New York, February 8, 2002 – Friends of the Earth International (FoEI) today criticized Governments gathered at a formal UN meeting for putting trade priorities above people and the planet. FoEI argued that governments are failing to act on the real causes of global inequality and environmental degradation.
Formal preparations for the World Summit on Sustainable Development (also known as Rio+10) have been conducted at UN Headquarters in New York over the past two weeks. The UN meeting set the agenda for the summit to be held in Johannesburg, South Africa, this August. The paper agreed will be the basis for negotiations over the next seven months.
FoEI argued that instead of establishing clear social and environmental limits to economic globalisation, governments have opted to make sustainable development subservient to the free trade agenda being promoted at the WTO . Governments refused to start negotiating on a binding agreement on corporate accountability and thus failed to reign in one of the key sectors that are responsible for worsening environmental and social trends worldwide. Governments also failed to effectively act on climate change. They aim to promote further fossil fuel use at Johannesburg and fail to call for an ambitious renewable energy use target .

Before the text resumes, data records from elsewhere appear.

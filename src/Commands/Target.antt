-- ===== src/Commands/Target.antt =====
-- The programs that a .do file calls about its own target: bins/src/redo_always.rs,
-- bins/src/redo_ifcreate.rs and bins/src/redo_stamp.rs, from the look at the environment on. A
-- program that ends with an exit status leaves its transaction open.
pub mod Dirty
pub mod Stamped
use redo.Base.{
  ℕ, Bool, true, false, ◌||◌, List, [], ◌∷◌, Text, is_empty, none, some, if◌then◌else◌, ltb, Result,
  ok, err, no_target,
}
use redo.Base.Steps.{M, ◌>>=◌, ◌>>◌, answer, update}
use redo.Paths.Components.{join}
use redo.Env.{Env, ProcessEnv, inherit, v}
use redo.Store.Rows.{File, always, stamp_missing, same_stamp}
use redo.Store.Transactions.{State, commit}
use redo.Store.Stamps.{exists}
use redo.Store.Files
use redo.Store.Files.{World}

-- How a program ends that does not return: with an exit status.
pub data Exit : Type 0 where
  done : Exit
  exit : ℕ → Exit

unfoldable pub current_target_abs : Env → Result Text
unfolding is_empty join
current_target_abs e =
    if is_empty e.startdir || is_empty e.target
    then err no_target
    else ok (join (join e.startdir e.pwd) e.target)

module _ (w : World) where
  -- The record of the target whose .do file calls the program.
  unfoldable pub my_file : Env → M State File
  unfolding current_target_abs Files.by_name
  my_file e = do me ← answer (current_target_abs e); (λ s. Files.by_name w me true s)

  -- The changes of redo-always to the record of //ALWAYS.
  unfoldable pub always_changed : File → File
  unfolding Files.set_changed
  always_changed f =
      Files.set_changed w (record f { stamp = some stamp_missing; is_generated = false })

  unfoldable pub depend_on_always : File → M State Exit
  unfolding Files.add_dep Files.save Files.by_name always_changed
  depend_on_always f = do
    (λ s. Files.add_dep w f b'm' always s)
    update (Files.save w f)
    always_file ← (λ s. Files.by_name w always true s)
    update (λ s. commit (Files.save w (always_changed always_file) s))
    answer (ok done)

  unfoldable pub redo_always : ProcessEnv → M State Exit
  unfolding inherit v my_file depend_on_always
  redo_always p = do q ← answer (inherit p); f ← my_file (v q); depend_on_always f

  -- The loop over the arguments of redo-ifcreate.
  unfoldable pub absent_all : File → List Text → M State Exit
  unfolding is_empty exists Files.add_dep
  absent_all f [] = do update commit; answer (ok done)
  absent_all f (t ∷ ts) =
      let next = (do (λ s. Files.add_dep w f b'c' t s); absent_all f ts) in
      if is_empty t
      then answer (ok (exit 204))
      else if exists w.fs t
      then answer (ok (exit 1))
      else next

  unfoldable pub redo_ifcreate : ProcessEnv → List Text → M State Exit
  unfolding inherit v my_file absent_all
  redo_ifcreate p args = do q ← answer (inherit p); f ← my_file (v q); absent_all f args

  -- The changes of redo-stamp to the record of its target; `csum` is the digest of its input.
  unfoldable pub stamped_record : Text → File → File
  unfolding same_stamp Files.set_changed Files.set_checked
  stamped_record csum f =
      let g = record f { is_generated = true; is_override = false; failed_runid = none } in
      if same_stamp f.csum csum
      then Files.set_checked w g
      else record (Files.set_changed w g) { csum = some csum }

  unfoldable pub stamp_target : Text → File → M State Exit
  unfolding stamped_record Files.save
  stamp_target csum f = do
    update (λ s. commit (Files.save w (stamped_record csum f) s))
    answer (ok done)

  abbrev pub stamp_in : Text → Env → M State Exit
  stamp_in csum e =
      if is_empty e.target then answer (ok done) else (do f ← my_file e; stamp_target csum f)

  -- `arguments` is how many there are with the program's name, `tty` whether the input is a
  -- terminal.
  unfoldable pub redo_stamp : ℕ → Bool → Text → ProcessEnv → M State Exit
  unfolding inherit v my_file stamp_target
  redo_stamp arguments tty csum p =
      if ltb 1 arguments
      then answer (ok (exit 1))
      else if tty
      then answer (ok (exit 1))
      else (do q ← answer (inherit p); stamp_in csum (v q))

Daniel Mittler of FoEI said: “One of the key obstacles to progress since Rio has been the unquestioned devotion to neoliberal trade objectives and the excessive power of large corporations over government policy. It seems that even as the ENRON scandal unfolds, governments have decided that corporations and free trade dogma are untouchable. If governments do not improve on the Summit’s agenda in coming months, the Johannesburg meeting will be “Rio Minus 10” not “Rio Plus 10″. If governments fail to reign in the excesses of economic globalization at Johannesburg and deliver an agenda for positive change another wave of global protests may be inevitable”.

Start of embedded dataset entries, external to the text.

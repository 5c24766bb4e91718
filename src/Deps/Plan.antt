-- ===== src/Deps/Plan.antt =====
-- `PlanCache` and `isdirty_readonly` of redo_core/src/deps.rs: the walk that writes nothing to the
-- database. The hash maps of the cache are association lists, newest entry first.
use redo.Base.{
  ℕ, zero, suc, Bool, true, false, List, [], ◌∷◌, ◌++◌, Text, Option, none, some, if◌then◌else◌,
  contains, length, ◌==◌, ok, err, cyclic, out_of_fuel,
}
use redo.Store.Rows.{File, same_stamp}
use redo.Store.Transactions.{State}
use redo.Store.Files
use redo.Store.Files.{World}
use redo.Deps.{DirtyResult, clean, must_build, Answer, Call, early, changed_on_disk, over_deps}

pub record PlanCache : Type 0 where
  pub checked : List ℕ
  pub stamp : List (ℕ × Text)
  pub deps : List (ℕ × List (ℕ × File))
  pub warned : List Text

-- `get` of a map from ids.
unfoldable pub lookup {ℓ} : {V : Type ℓ} → ℕ → List (ℕ × V) → Option V
lookup i [] = none
lookup i ((j, v) ∷ m) = if j == i then some v else lookup i m

-- `Default` of the cache.
abbrev pub empty_cache : PlanCache
empty_cache = record { checked = []; stamp = []; deps = []; warned = [] }

-- `take_checked_ids`
unfoldable pub take_checked_ids : PlanCache → List ℕ × PlanCache
take_checked_ids c = (c.checked, record c { checked = [] })

unfoldable pub set_checked : File → PlanCache → PlanCache
set_checked f c = record c { checked = f.id ∷ c.checked }

module _ (w : World) (s : State) where
  -- A stamp or a list of dependencies that the cache has, or the one that is read and put there.
  unfoldable pub stamp_or_read : File → PlanCache → Option Text → Text × PlanCache
  stamp_or_read f c (some t) = (t, c)
  stamp_or_read f c none =
      let t = Files.stamp_now w f in (t, record c { stamp = (f.id, t) ∷ c.stamp })

  unfoldable pub read_stamp_cached : File → PlanCache → Text × PlanCache
  unfolding stamp_or_read
  read_stamp_cached f c = stamp_or_read f c (lookup f.id c.stamp)

  unfoldable pub deps_or_read :
      File → PlanCache → Option (List (ℕ × File)) → List (ℕ × File) × PlanCache
  deps_or_read f c (some v) = (v, c)
  deps_or_read f c none = let v = Files.deps w f s in (v, record c { deps = (f.id, v) ∷ c.deps })

  unfoldable pub deps_cached : File → PlanCache → List (ℕ × File) × PlanCache
  unfolding deps_or_read
  deps_cached f c = deps_or_read f c (lookup f.id c.deps)

  -- What follows the loop of `isdirty_readonly`.
  unfoldable pub finish : File → List File → PlanCache → Answer × PlanCache
  unfolding set_checked
  finish f (g ∷ gs) c = (ok (must_build (g ∷ gs), f), c)
  finish f [] c = (
    ok (clean, f),
    set_checked f
        (record c { warned = if f.is_override then c.warned ++ (f.name ∷ []) else c.warned }),
  )

  -- The loop over the cached dependencies.
  unfoldable pub into_deps : Call PlanCache → File → List ℕ → PlanCache → Answer × PlanCache
  into_deps call f seen c =
      let (ds, c') = deps_cached f c in over_deps w call finish f (seen ++ (f.id ∷ [])) ds [] c'

  -- The comparison of the stamps, and what each answer leads to; `call` is the recursive call.
  unfoldable pub on_disk : Call PlanCache → File → List ℕ → PlanCache → Bool → Answer × PlanCache
  on_disk call f seen c true = into_deps call f seen c
  on_disk call f seen c false = (ok (changed_on_disk f, f), c)

  unfoldable pub look :
      Call PlanCache → File → List ℕ → PlanCache → Option DirtyResult → Answer × PlanCache
  look call f seen c (some answer) = (ok (answer, f), c)
  look call f seen c none =
      let (newstamp, c') = read_stamp_cached f c in
      on_disk call f seen c' (same_stamp f.stamp newstamp)

  unfoldable pub visit : Call PlanCache → File → ℕ → List ℕ → PlanCache → Bool → Answer × PlanCache
  visit call f max_changed seen c true = (err cyclic, c)
  visit call f max_changed seen c false =
      look call f seen c (early f max_changed (contains c.checked f.id))

  unfoldable pub isdirty_readonly : ℕ → Call PlanCache
  isdirty_readonly zero f max_changed seen c = (err out_of_fuel, c)
  isdirty_readonly (suc n) f max_changed seen c =
      visit (isdirty_readonly n) f max_changed seen c (contains seen f.id)

  -- `isdirty_readonly_default`, with fuel for each row of the table and one more.
  unfoldable pub isdirty_readonly_default : File → ℕ → PlanCache → Answer × PlanCache
  unfolding isdirty_readonly
  isdirty_readonly_default f max_changed c =
      isdirty_readonly (suc (length s.db.files)) f max_changed [] c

 The agreed paper states: “Encourage WTO members to implement the outcome of the Fourth WTO Ministerial Conference so that world trade can support sustainable development in all countries”. FoEI believes that the outcomes of the Fourth Ministerial have the serious potential to undermine sustainable development. For more information see www.foei.org
 The text reads (grammatical faults in original): “Diversify the energy supply, by developing cleaner and more efficient fossil fuel technologies, innovative technologies and increase the share of new renewable energy sources at least 5 % of total energy use by 2010 in all countries”. FoEI calls for a phase out of international and domestic subsidies for conventional energy and a renewable energy target in industrialized countries of at least 12% of energy use by 2010 (the current EU target). Targets in developing countries must be supported by adequate funding.